Coniothyrium fuckelii is a fungal plant pathogen, causing stem canker, and that has also been known to cause infections in immunocompromised humans.

Two diseases most commonly associated with garden rose dieback are grey mould (Botrytis cinerea) and also rose canker (Coniothyrium fuckelii, syn. Paraconiothyrium fuckelii and Leptosphaeria coniothyrium).

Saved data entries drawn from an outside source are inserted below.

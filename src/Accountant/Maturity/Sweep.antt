-- ===== src/Accountant/Maturity/Sweep.antt =====
-- What sweeps do to the rewards (accountant/src/maturity.rs).
use katpool.Base.{
  ℕ, suc, ◌≡◌, refl, sym, ◌∙◌, inl, inr, false, not, ltb, Option, List, [], ◌∷◌, ◌++◌, any, Result,
  ok, err, Bool-cases, Option-cases, arith,
}
use katpool.Base.Float.{Float}
use katpool.Base.Int.{pos}
use katpool.Base.Word.{i64_of_u64}
use katpool.Accountant.Fee.{WalletTier, FeeConfig}
use katpool.Accountant.Ledger.{
  CoinbaseReward, Share, same_outpoint, ensure_reward, lock_for_allocation, list_unallocated,
}
use katpool.Accountant.Engine.Effects.{is_allocated}
use katpool.Accountant.Engine.Once.{
  Evolves, Evolves-refl, Evolves-trans, allocate_coinbase_reward-Evolves,
}
use katpool.Accountant.Maturity.{
  KaspadError, KaspadClient, CoinbaseUtxo, MaturityConfig, SweepStats, no_stats, is_mature, Pool,
  with_rewards, record_reward, discover, discover_all, allocate_reward, allocate_all, sweep_utxos,
  sweep_rewards, sweep_at, run_once, run_loop, credit, count_allocation, sweep_blocks,
}

is_allocated-append :
    (id : ℕ) (rs : List CoinbaseReward) (r : CoinbaseReward)
    → r.allocated ≡ false
    → is_allocated id (rs ++ r ∷ []) ≡ is_allocated id rs
unfolding is_allocated lock_for_allocation
is_allocated-append id [] r h = ground arith
is_allocated-append id (q ∷ rs) r h = ground (arith, is_allocated-append id rs r h)

is_allocated-ensure :
    (id next txid index amount daa : ℕ) (rs : List CoinbaseReward)
    → is_allocated id (ensure_reward next txid index amount daa rs).0 ≡ is_allocated id rs
unfolding ensure_reward
is_allocated-ensure id next txid index amount daa rs =
    elim (Bool-cases (any (same_outpoint txid index) rs)) [
      | inl e ↦ rw e refl
      | inr e ↦ rw e (is_allocated-append id rs _ refl)
    ]

module _ (fl : Float) where
  with_rewards-Evolves :
      (p : Pool fl) (rewards : List CoinbaseReward)
      → ((id : ℕ) → is_allocated id rewards ≡ is_allocated id p.ledger.books.rewards)
      → Evolves fl p.ledger.books (with_rewards fl rewards p).ledger.books
  with_rewards-Evolves p rewards same = record {
    stays = λ id h. same id ∙ h;
    frozen = λ id h. refl;
    owed = λ wallet. refl;
    no_rows = λ n id h. n id (sym (same id) ∙ h);
  }

  discover-Evolves :
      (cfg : MaturityConfig) (daa : ℕ) (utxo : CoinbaseUtxo) (p : Pool fl) (s : SweepStats)
      → Evolves fl p.ledger.books (discover fl cfg daa utxo (p, s)).0.ledger.books
  unfolding discover record_reward
  discover-Evolves cfg daa utxo p s =
      elim (Bool-cases (not (is_mature daa utxo.block_daa_score cfg.coinbase_maturity))) [
        | inl e ↦ rw e (Evolves-refl fl p.ledger.books)
        | inr e ↦ elim (Bool-cases (ltb utxo.block_daa_score cfg.coinbase_min_daa_score)) [
          | inl e' ↦ rw (e, e') (Evolves-refl fl p.ledger.books)
          | inr e' ↦ elim (Option-cases (i64_of_u64 utxo.amount_sompi)) [
            | inl big ↦ rw (e, e', big) (Evolves-refl fl p.ledger.books)
            | inr (amount, fits) ↦
                rw (e, e', fits)
                  (with_rewards-Evolves p _ (λ id.
                    is_allocated-ensure id (suc p.last_reward_id) utxo.transaction_id utxo.index
                      amount utxo.block_daa_score p.ledger.books.rewards))
          ]
        ]
      ]

  discover_all-Evolves :
      (cfg : MaturityConfig) (daa : ℕ) (utxos : List CoinbaseUtxo) (out : Pool fl × SweepStats)
      → Evolves fl out.0.ledger.books (discover_all fl cfg daa utxos out).0.ledger.books
  unfolding discover_all
  discover_all-Evolves cfg daa [] out = Evolves-refl fl out.0.ledger.books
  discover_all-Evolves cfg daa (utxo ∷ utxos) out =
      Evolves-trans fl (discover-Evolves cfg daa utxo out.0 out.1)
        (discover_all-Evolves cfg daa utxos (discover fl cfg daa utxo out))

  module _ (fee : FeeConfig) (address_of : ℕ → Option ℕ) (classify : ℕ → Option WalletTier)
      (cfg : MaturityConfig) where
    allocate_all-Evolves :
        (pending : List CoinbaseReward) (p : Pool fl) (s : SweepStats)
        → Evolves fl p.ledger.books
            (allocate_all fl fee address_of classify cfg pending (p, s)).0.ledger.books
    unfolding allocate_all allocate_reward
    allocate_all-Evolves [] p s = Evolves-refl fl p.ledger.books
    allocate_all-Evolves (reward ∷ pending) p s =
        let (l, r) = allocate_reward fl fee address_of classify cfg reward p.ledger in
        Evolves-trans fl
          (allocate_coinbase_reward-Evolves fl fee address_of classify reward.id
            (pos reward.amount_sompi) _ reward.block_daa_score p.ledger)
          (allocate_all-Evolves pending (record p { ledger = l }) (count_allocation fl r s))

    sweep_rewards-Evolves :
        (daa : ℕ) (utxos : Result KaspadError (List CoinbaseUtxo)) (p : Pool fl) (s : SweepStats)
        → Evolves fl p.ledger.books
            (sweep_rewards fl fee address_of classify cfg daa utxos (p, s)).0.ledger.books
    unfolding sweep_rewards sweep_utxos
    sweep_rewards-Evolves daa (err e) p s = Evolves-refl fl p.ledger.books
    sweep_rewards-Evolves daa (ok utxos) p s =
        let found = discover_all fl cfg daa utxos (p, s) in
        Evolves-trans fl (discover_all-Evolves cfg daa utxos (p, s)) (
          allocate_all-Evolves (list_unallocated cfg.batch_size found.0.ledger.books.rewards)
            found.0 found.1)

    sweep_at-Evolves :
        (node : KaspadClient) (score : Result KaspadError ℕ) (p : Pool fl)
        → Evolves fl p.ledger.books
            (sweep_at fl fee address_of classify cfg node score p).0.ledger.books
    unfolding sweep_at
    sweep_at-Evolves node (err e) p = Evolves-refl fl p.ledger.books
    sweep_at-Evolves node (ok daa) p =
        let (blocks, s) = sweep_blocks cfg node daa p.blocks no_stats in
        sweep_rewards-Evolves daa node.pool_coinbase_utxos (record p { blocks = blocks }) s

    -- Over any number of sweeps, whatever the node answers and whatever is credited between them: an
    -- allocated reward stays allocated and keeps its rows, so that no reward is handed out twice; each
    -- wallet has accrued exactly what the rows added since say; and a reward that is not allocated has no
    -- rows, as long as that held before.
    pub run_loop-Evolves :
        (ticks : List (KaspadClient × List (Share fl))) (p : Pool fl)
        → Evolves fl p.ledger.books (run_loop fl fee address_of classify cfg ticks p).ledger.books
    unfolding run_loop run_once
    run_loop-Evolves [] p = Evolves-refl fl p.ledger.books
    run_loop-Evolves ((node, shares) ∷ ticks) p =
        Evolves-trans fl
          (sweep_at-Evolves node node.virtual_daa_score
            (credit fl fee address_of classify cfg shares p))
          (run_loop-Evolves ticks
            (run_once fl fee address_of classify cfg node
              (credit fl fee address_of classify cfg shares p)).0)
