-- ===== src/Base/Loop.antt =====
-- A loop as a partial step, `none` for its exit, run on fuel; and the two facts that serve every
-- loop: an invariant of the step holds at the end, and a measure that falls bounds the rounds.
use katpool.Base.{ℕ, zero, suc, ◌≤◌, ◌<◌, ◌≡◌, inl, inr, Option, none, some, arith, Option-cases}

unfoldable pub iterate {ℓ} : {S : Type ℓ} → ℕ → (S → Option S) → S → S
iterate zero step s = s
iterate (suc fuel) step s = elim (step s) [ none ↦ s | some t ↦ iterate fuel step t ]

module _ {ℓ κ} {S : Type ℓ} (step : S → Option S) (P : S → Type κ) where
  pub iterate_inv :
      ((s t : S) → P s → step s ≡ some t → P t) → (fuel : ℕ) (s : S) → P s → P (iterate fuel step s)
  unfolding iterate
  iterate_inv keep zero s h = h
  iterate_inv keep (suc fuel) s h = elim (Option-cases (step s)) [
    | inl e ↦ rw (e, iterate) h
    | inr (t, e) ↦ rw (e, iterate) (iterate_inv keep fuel t (keep s t h e))
  ]

  pub iterate_exits :
      (measure : S → ℕ)
      → ((s t : S) → P s → step s ≡ some t → P t × (measure t < measure s))
      → (fuel : ℕ) (s : S) → measure s ≤ fuel
      → P s
      → step (iterate fuel step s) ≡ none
  unfolding iterate
  iterate_exits measure keep zero s m h = elim (Option-cases (step s)) [
    | inl e ↦ e
    | inr (t, e) ↦ absurd (omega (arith, keep s t h e))
  ]
  iterate_exits measure keep (suc fuel) s m h = elim (Option-cases (step s)) [
    | inl e ↦ rw (e, iterate) e
    | inr (t, e) ↦
        let k = keep s t h e in
        rw (e, iterate) (iterate_exits measure keep fuel t (omega arith) k.0)
  ]
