-- ===== src/Base/Picked.antt =====
-- A list picked out of another in its order.
use katpool.Base.{List, [], ◌∷◌, All}

pub data Picked {ℓ} {A : Type ℓ} : List A → List A → Type ℓ where
  none_left : Picked [] []
  take_it : {x : A} {ps xs : List A} → Picked ps xs → Picked (x ∷ ps) (x ∷ xs)
  pass_it : {x : A} {ps xs : List A} → Picked ps xs → Picked ps (x ∷ xs)

module _ {ℓ} {A : Type ℓ} where
  pub Picked-nil : (xs : List A) → Picked [] xs
  Picked-nil [] = none_left
  Picked-nil (x ∷ xs) = pass_it (Picked-nil xs)

  pub Picked-All {κ} : (P : A → Type κ) {ps xs : List A} → Picked ps xs → All P xs → All P ps
  Picked-All P none_left h = tt
  Picked-All P (take_it k) h = (h.0, Picked-All P k h.1)
  Picked-All P (pass_it k) h = Picked-All P k h.1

The fungal infection of rose canker often occurs through badly timed pruning cuts or injuries to the crown of the rose plant. It then produces tiny black fruiting bodies that are only just visible on the bark of affected branches or stems. This fungus also causes cane blight disease of raspberry bushes.